» Exercise aim: Please quote exactly the lines below from the line containing "best = refl" to the line containing "fork (1 ∷ 2 ∷ []) b", both lines included, and nothing else.

(Dataset entries)

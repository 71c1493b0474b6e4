-- ===== src/Tests/Bases.antt =====
-- The tip bases of a small DAG.
use xelis_blockchain.Prelude.{
  ℕ, ◌*◌, ◌≤◌, ◌<◌, ◌≡◌, refl, ap, subst, ◌↔◌, inl, inr, Bool, true, false, ◌&&◌, none, some, List,
  [], ◌∷◌, arith, leb, ◌==◌, if◌then◌else◌, Bool-cases, length, ==_iff, ◌-◌, ◌⊎◌,
}
use xelis_blockchain.Prelude.Equality.{Eq, nat_eq}
use xelis_blockchain.Prelude.Results.{ok, ok_injective}
use xelis_blockchain.Dag.{Provider, is_sync_block_at_height}
use xelis_blockchain.Dag.Compare.{In}
use xelis_blockchain.Dag.Weight.{weight}
use xelis_blockchain.Dag.FullOrder.{LruCache}
use xelis_blockchain.Dag.TipBase.{Base, pruned_height, find_tip_base, find_common_base, highest}
use xelis_blockchain.Dag.TipBase.Visit.{IsTipBase}
use xelis_blockchain.Dag.TipBase.Loop.{IsSound}
use xelis_blockchain.Dag.TipBase.Known.{IsKnown}
use xelis_blockchain.Dag.TipBase.Fuel.{IsBounded, find_tip_base_returns}
use xelis_blockchain.Dag.TipBase.Common.{IsCommonBase}
use xelis_blockchain.Dag.TipBase.Complete.{find_common_base_returns}
use xelis_blockchain.Dag.{extend}
use xelis_blockchain.Dag.Reachability.{
  verify_non_reachability, build_reachability, reach_all, push_unknown, covered, any_covered,
}
use xelis_blockchain.Dag.Reachability.Verdict.{Verdict}
use xelis_blockchain.Dag.Reachability.Fuel.{verify_non_reachability_returns}
use xelis_blockchain.Dag.Distance.{calculate_distance_from_mainchain}
use xelis_blockchain.Dag.Distance.Answer
use xelis_blockchain.Dag.Distance.Answer.{calculate_distance-IsLowest}
use xelis_blockchain.Tests.Ordering.{list_cache, find}

-- 1 and 2 stand on 0, the first block.
abbrev past : ℕ → List ℕ
past n = if n == 0 then [] else 0 ∷ []

abbrev level : ℕ → ℕ
level n = if n == 0 then 0 else 1

abbrev fork : Provider ℕ ℕ
fork = record {
  get_height_for_block_hash = λ n. ok (level n);
  get_timestamp_for_block_hash = λ n. ok n;
  get_difficulty_for_block_hash = λ n. ok 10;
  get_cumulative_difficulty_for_block_hash = λ n. ok (n * 10);
  get_past_blocks_for_block_hash = λ n. ok (past n);
  get_estimated_covariance_for_block_hash = λ n. ok 1;
  is_block_topological_ordered = λ n. leb n 1;
  get_topo_height_for_hash = λ n. ok n;
  get_hash_at_topo_height = λ n. ok n;
  get_blocks_at_height = λ n. ok (if n == 0 then 0 ∷ [] else if n == 1 then 1 ∷ 2 ∷ [] else []);
  get_pruned_topoheight = ok none;
}

key_same : (x y : ℕ × ℕ) → ((x.0 == y.0 && x.1 == y.1) ≡ true) ↔ (x ≡ y)
key_same x y = (
  λ h. λ i. ((==_iff x.0 y.0).0 (ground (arith, h)) i, (==_iff x.1 y.1).0 (ground (arith, h)) i),
  λ q. ground (arith, (==_iff x.0 y.0).1 (ap (λ t. t.0) q), (==_iff x.1 y.1).1 (ap (λ t. t.1) q)),
)

abbrev key_eq : Eq (ℕ × ℕ)
key_eq = record { beq = λ x y. x.0 == y.0 && x.1 == y.1; beq_iff = key_same }

abbrev base_cache : LruCache (List ((ℕ × ℕ) × Base ℕ)) (ℕ × ℕ) (Base ℕ)
base_cache = list_cache {V = Base ℕ} key_eq

empty_cache-IsSound : IsSound fork base_cache 1 0 []
unfolding find
empty_cache-IsSound x b h = cc h

sync_answers : (x : ℕ) → (b : Bool) × (is_sync_block_at_height fork x 1 ≡ ok b)
unfolding is_sync_block_at_height
sync_answers x = elim (Bool-cases (x == 0)) [
  | inl q ↦ (true, rw (q, is_sync_block_at_height) refl)
  | inr q ↦ (false, rw (q, is_sync_block_at_height) refl)
]

all_known : (x : ℕ) → IsKnown fork 1 0 x
unfolding pruned_height
all_known x = record {
  past = (_, refl);
  pruned = (_, refl);
  sync = sync_answers x;
  high = (_, refl);
}

past_below : (x t : ℕ) → In (past x) t → t < x
past_below x t m = ground (arith, m)

few_tips : (x : ℕ) → length (past x) ≤ 1
few_tips x = ground arith

bounded : (hash : ℕ) → IsBounded fork 1 0 (λ x. x) 1 hash
bounded hash = record {
  known = λ x a. all_known x;
  few = λ x tips a q. subst (λ l. length l ≤ 1) (ok_injective refl q) (few_tips x);
  rising = λ x t tips a q m. past_below x t (subst (λ l. In l t) (ok_injective q refl) m);
}

enough : (weight 1 1 ≤ 4) × (weight 1 2 ≤ 4)
unfolding weight
enough = (omega arith, omega arith)

find_tip_base_returns_example :
    (b : Base ℕ) × (c' : List ((ℕ × ℕ) × Base ℕ)) × (find_tip_base fork base_cache 1 0 4 [] 2
      ≡ some (ok (b, c')))
    × IsTipBase fork 1 0 2 b
    × IsSound fork base_cache 1 0 c'
find_tip_base_returns_example =
    find_tip_base_returns fork base_cache 1 0 2 (λ x. x) 1 (bounded 2) 4 [] empty_cache-IsSound
      enough.1

two-IsBounded : (t : ℕ) → In (1 ∷ 2 ∷ []) t → IsBounded fork 1 0 (λ x. x) 1 t × (weight 1 t ≤ 4)
two-IsBounded t m = elim (Bool-cases (1 == t)) [
  | inl q ↦ (bounded t, subst (λ n. weight 1 n ≤ 4) ((==_iff 1 t).0 q) enough.0)
  | inr q ↦
      (bounded t, subst (λ n. weight 1 n ≤ 4) ((==_iff 2 t).0 (ground (arith, m, q))) enough.1)
]

best : highest fork base_cache (1 ∷ 2 ∷ []) 0 ≡ ok 1
unfolding highest
best = refl

find_common_base_returns_example :
    (b : Base ℕ) × (c' : List ((ℕ × ℕ) × Base ℕ)) × (find_common_base fork base_cache 4 []
        (1 ∷ 2 ∷ [])
      ≡ some (ok (b, c')))
    × IsCommonBase fork base_cache (1 ∷ 2 ∷ []) b c'
find_common_base_returns_example =
    find_common_base_returns fork base_cache 1 none (λ x. x) 1 4 [] (1 ∷ 2 ∷ []) (omega arith) best
      refl two-IsBounded empty_cache-IsSound

short_ways : weight 1 16 ≤ 17
unfolding weight
short_ways = omega arith

verify_non_reachability_returns_example :
    (b : Bool) × (verify_non_reachability fork 17 (1 ∷ 2 ∷ []) ≡ some (ok b))
    × Verdict fork (1 ∷ 2 ∷ []) b
verify_non_reachability_returns_example =
    verify_non_reachability_returns fork 1 (λ x. (past x, refl, few_tips x)) 17 (1 ∷ 2 ∷ [])
      short_ways

-- 100 stands on 49 and 50, a block on the one before it, and 50 on 34. The way by 49 ends at 34, whose
-- tips are then left out, though 33 is three steps from 100 by 50.
abbrev far_past : ℕ → List ℕ
far_past n = if n == 100 then 50 ∷ 49 ∷ [] else if n == 50 then 34 ∷ [] else (n - 1) ∷ []

abbrev long_way : Provider ℕ ℕ
long_way = record fork { get_past_blocks_for_block_hash = λ n. ok (far_past n) }

ancestor_accepted : verify_non_reachability long_way 60 (33 ∷ 100 ∷ []) ≡ some (ok true)
unfolding verify_non_reachability build_reachability reach_all push_unknown covered any_covered
    extend
ancestor_accepted = refl

branch-IsBounded : Answer.IsBounded fork 2 (λ x. x) 1
branch-IsBounded = record {
  past = λ y b. (past y, refl);
  few = λ y tips b q. subst (λ l. length l ≤ 1) (ok_injective refl q) (few_tips y);
  rising = λ y t tips b q m. past_below y t (subst (λ l. In l t) (ok_injective q refl) m);
  heights = λ t o. (level t, refl);
}

calculate_distance-IsLowest_example :
    (n : ℕ) × (calculate_distance_from_mainchain fork 4 2 ≡ some (ok n))
    × ((leb 2 1 ≡ true) × (fork.get_height_for_block_hash 2 ≡ ok n)
        ⊎ (leb 2 1 ≡ false) × Answer.IsLowest fork 2 n)
calculate_distance-IsLowest_example =
    calculate_distance-IsLowest fork 2 (λ x. x) 1 branch-IsBounded 4 enough.1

» Task solution:
best = refl

find_common_base_returns_example :
    (b : Base ℕ) × (c' : List ((ℕ × ℕ) × Base ℕ)) × (find_common_base fork base_cache 4 []
        (1 ∷ 2 ∷ [])
      ≡ some (ok (b, c')))
    × IsCommonBase fork base_cache (1 ∷ 2 ∷ []) b c'
find_common_base_returns_example =
    find_common_base_returns fork base_cache 1 none (λ x. x) 1 4 [] (1 ∷ 2 ∷ []) (omega arith) best
      refl two-IsBounded empty_cache-IsSound

short_ways : weight 1 16 ≤ 17
unfolding weight
short_ways = omega arith

verify_non_reachability_returns_example :
    (b : Bool) × (verify_non_reachability fork 17 (1 ∷ 2 ∷ []) ≡ some (ok b))
    × Verdict fork (1 ∷ 2 ∷ []) b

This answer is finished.